Our guide was not amused, however, and it took some doing to turn my ex around and back toward the group. Instead, my ex proposed to me just outside the Legion of Honor, where there was a view of the Golden Gate Bridge.

That’s kind of how things were with my ex-husband. He’d always just forge ahead, figuring he’d learn as he went, and it often ended up in some kind minor and eventually amusing catastrophe. I was into downhill skiing, and as he was open to trying new things, when we were dating we took a ski trip up to Mont Sutton in Quebec. I firmly believe in the saying “friends don’t teach friends how to ski” and figured that went twice over for romantic partners, so we took lessons, my ex to learn and me to refresh my skills. Well, the first time we took a lift together, when he got off he didn’t stand up. Instead, there he went, skiing in a squat right toward the back, ungroomed side of the mountain.

“Dan! DAN, FALL!” I yelled, choking back tears of laughter. “FALL DOWN!”

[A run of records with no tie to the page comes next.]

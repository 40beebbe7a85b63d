-- ===== src/Sync/Tests.antt =====
-- A semaphore of one permit, and a group with three waiters.
use objective_9c.Prelude.{ℕ, zero, suc, ◌≡◌, refl}
use objective_9c.Prelude.Int.{pos}
use objective_9c.Sync.{sem_new, sem_acquire, sem_release, wg_new, wg_resume, wg_add, wg_done}
use objective_9c.Sync.Semaphore.{WakesOne, Step, Reach, IsFair, Reach-IsFair}
use objective_9c.Sync.Waiters.{waits, wg_done-strands}

abbrev one : ℕ → ℕ
one zero = 0
one (suc k) = 1

one-WakesOne : WakesOne one
one-WakesOne = record { none_asleep = refl; some_asleep = λ k. refl }

Reach-IsFair_example :
    IsFair (sem_new (pos 1)).n (sem_release one (sem_acquire (sem_acquire (sem_new (pos 1)))))
Reach-IsFair_example =
    Reach-IsFair one-WakesOne
      (Reach.next (Reach.next (Reach.next Reach.start Step.acquire) Step.acquire) Step.release)

wg_done-strands_example :
    wg_resume (wg_done one (waits 3 (wg_add one wg_new (pos 1))))
    ≡ record { n = pos 0; asleep = 2; ready = 0; returned = 1 }
wg_done-strands_example = wg_done-strands one 2 one-WakesOne
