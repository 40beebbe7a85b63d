-- ===== src/Text.antt =====
-- The `string` builtins of o9_runtime.c on the bytes of an O9String: o9_str_len, o9_str_cmp,
-- o9_str_cat, o9_str_chr, o9_string_indexof, o9_string_startswith, o9_string_endswith,
-- o9_string_slice, o9_string_trim, o9_string_lower, o9_string_upper. An O9String is the list of its
-- `len` bytes, and nil reads as the empty string; a result is the string that is made when the
-- allocator succeeds. A `vlong` is a ℤ; no length reaches 2 ^ 63. `char` is signed.
pub mod Compare
pub mod Search
pub mod Slice
pub mod Utf
pub mod Case
pub mod Tests
use objective_9c.Prelude.{
  ℕ, zero, suc, ◌+◌, ◌-◌, ◌*◌, ◌/◌, ◌%◌, ◌^◌, List, [], ◌∷◌, ◌++◌, map, Option, some, none, Bool,
  true, false, ◌&&◌, ◌||◌, not, ◌==◌, ltb, leb, if◌then◌else◌, Bytes, bytes_eq, length, take, drop,
  min, get_or,
}
use objective_9c.Prelude.Int.{ℤ, pos, negsuc}

unfoldable pub str_len : Bytes → ℕ
str_len s = length s

-- memcmp on two blocks of one length: below, at or above 0
unfoldable pub memcmp : Bytes → Bytes → ℤ
memcmp [] t = pos 0
memcmp (a ∷ s) [] = pos 0
memcmp (a ∷ s) (b ∷ t) =
    let rest = memcmp s t in if ltb a b then negsuc 0 else if ltb b a then pos 1 else rest

-- the tests after memcmp
unfoldable pub cmp_rest : ℤ → ℕ → ℕ → ℤ
cmp_rest (negsuc c) an bn = negsuc 0
cmp_rest (pos (suc c)) an bn = pos 1
cmp_rest (pos zero) an bn = if ltb an bn then negsuc 0 else if ltb bn an then pos 1 else pos 0

unfoldable pub str_cmp : Bytes → Bytes → ℤ
str_cmp a b =
    let n = if ltb (length a) (length b) then length a else length b in
    cmp_rest (if ltb 0 n then memcmp (take n a) (take n b) else pos 0) (length a) (length b)

unfoldable pub str_cat : Bytes → Bytes → Bytes
str_cat a b = a ++ b

-- the code point that is encoded: U+FFFD for one out of range
unfoldable pub code_point : ℤ → ℕ
code_point (negsuc n) = 0xFFFD
code_point (pos c) = if ltb 0x10FFFF c then 0xFFFD else c

-- The bit operations by arithmetic: `c >> k` is `c / 2 ^ k`, `c & 0x3F` is `c % 64`, and a lead byte
-- `0xC0 | x` is a sum, since `x` has no bit of it.
unfoldable pub encode : ℕ → Bytes
encode c =
    if ltb c 0x80
    then c ∷ []
    else if ltb c 0x800
    then (0xC0 + c / 64) ∷ (0x80 + c % 64) ∷ []
    else if ltb c 0x10000
    then (0xE0 + c / 4096) ∷ (0x80 + (c / 64) % 64) ∷ (0x80 + c % 64) ∷ []
    else (0xF0 + c / 262144)
      ∷ (0x80 + (c / 4096) % 64)
      ∷ (0x80 + (c / 64) % 64)
      ∷ (0x80 + c % 64)
      ∷ []

unfoldable pub str_chr : ℤ → Bytes
str_chr c = encode (code_point c)

-- the block of `n` bytes from index `i` on
abbrev pub block : Bytes → ℕ → ℕ → Bytes
block s i n = take n (drop i s)

-- the loop of o9_string_indexof, with the rounds that are left
unfoldable pub index_from : ℕ → Bytes → Bytes → ℕ → ℤ
index_from zero s needle i = negsuc 0
index_from (suc rounds) s needle i =
    let rest = index_from rounds s needle (i + 1) in
    if bytes_eq (block s i (length needle)) needle then pos i else rest

unfoldable pub index_of : Bytes → Bytes → ℤ
index_of s needle =
    if length needle == 0
    then pos 0
    else if ltb (length s) (length needle)
    then negsuc 0
    else index_from (length s - length needle + 1) s needle 0

unfoldable pub starts_with : Bytes → Bytes → Bool
starts_with s prefix = leb (length prefix) (length s) && bytes_eq (block s 0 (length prefix)) prefix

unfoldable pub ends_with : Bytes → Bytes → Bool
ends_with s suffix =
    leb (length suffix) (length s)
    && bytes_eq (block s (length s - length suffix) (length suffix)) suffix

-- `start` and `count` after the tests for a negative value, and `start` after that for the length
unfoldable pub at_least_zero : ℤ → ℕ
at_least_zero (negsuc n) = 0
at_least_zero (pos n) = n

-- `start + count > n`: the sum of two vlongs wraps to a negative value from 2 ^ 63 on
unfoldable pub sum_exceeds : ℕ → ℕ → ℕ → Bool
sum_exceeds start count n = if ltb (start + count) (2 ^ 63) then ltb n (start + count) else false

-- `none`: more bytes are asked for than the text has. That needs a count of almost 2 ^ 63, for which
-- o9_string_new returns nil.
unfoldable pub slice : Bytes → ℤ → ℤ → Option Bytes
slice s start count =
    let n = length s in
    let from = min (at_least_zero start) n in
    let asked = at_least_zero count in
    let taken = if sum_exceeds from asked n then n - from else asked in
    if leb (from + taken) n then some (block s from taken) else none

unfoldable pub is_space : ℕ → Bool
is_space c = c == b' ' || c == 9 || c == 10 || c == 13

-- the first loop of o9_string_trim: how many bytes it passes
unfoldable pub lead : Bytes → ℕ
lead [] = 0
lead (c ∷ s) = let rest = lead s in if is_space c then suc rest else 0

-- the second loop: the end, moved down from `b` to no less than `a`
unfoldable pub trail : Bytes → ℕ → ℕ → ℕ
trail s a zero = zero
trail s a (suc b) =
    let rest = trail s a b in if ltb a (suc b) && is_space (get_or s b 0) then rest else suc b

unfoldable pub trim : Bytes → Bytes
trim s = let a = lead s in block s a (trail s a (length s) - a)

unfoldable pub lower_byte : ℕ → ℕ
lower_byte c = if leb b'A' c && leb c b'Z' then c + 32 else c

unfoldable pub upper_byte : ℕ → ℕ
upper_byte c = if leb b'a' c && leb c b'z' then c - 32 else c

unfoldable pub lower : Bytes → Bytes
lower s = map lower_byte s

unfoldable pub upper : Bytes → Bytes
upper s = map upper_byte s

I haven’t seen anything that funny on a ski slope since. However, in his defense, getting off the lift is often a challenge for beginners. I learned that when you’re not sure what to do and you can’t control where you’re going, it’s usually a good idea to just lean over and fall into the snow. It’s better than crashing into another skier or a tree—or skiing off the back side of a mountain. (My beginner moment was NOT falling, and instead skiing right into a tow-rope operator who caught me just before I skied into a stream at Sunday River in Maine.)

My ex and I went to Jamaica for our honeymoon, and when we rented a canoe he paddled us out too far and then capsized the canoe. I was able to dive down quickly enough to grab my wallet, so I didn’t lose my ID, but I did lose some sunglasses I was rather fond of. When we got back home he gave me a gift certificate to get new sunglasses, and that’s how I came to acquire the pair of Ralph Laurens that I still wear to this day, 22 years later. It was quite a memory. Some naked guys sailed past us from the nudist resort next to where we were staying. There’s nothing like reconsidering your brand new marriage while clinging in fury to the side of a canoe, and just when you think help has arrived, you look up to see a pair of hairy arses sitting on the edge of a sailboat while the owners of said arses laugh at you as they sail by. Eventually the safety patrol at the resort came out to get us. Quite embarrassing.

My wasband had a great sense of adventure, though, so I have to give him props for just getting out there and doing new things even if they didn’t always go as planned, like marriage to me.

Anyway, here’s the California state Christmas tree, complete with a few ornaments showing the Golden Gate Bridge, my favorite bridge in the world. Click to enlarge. This one is dedicated to my friend Susan, who has made not one but two trips to see Poets of the Fall not only fun, but super coordinated and easy for me to plan and navigate, first to Prog Power in Atlanta in 2019, and more recently to Warsaw, Poland, just last September. Susan, I promise, one day I WILL take a picture with Jaska!

California's state Christmas tree, 2023.
California’s state Christmas tree, 2023. Click to embiggen.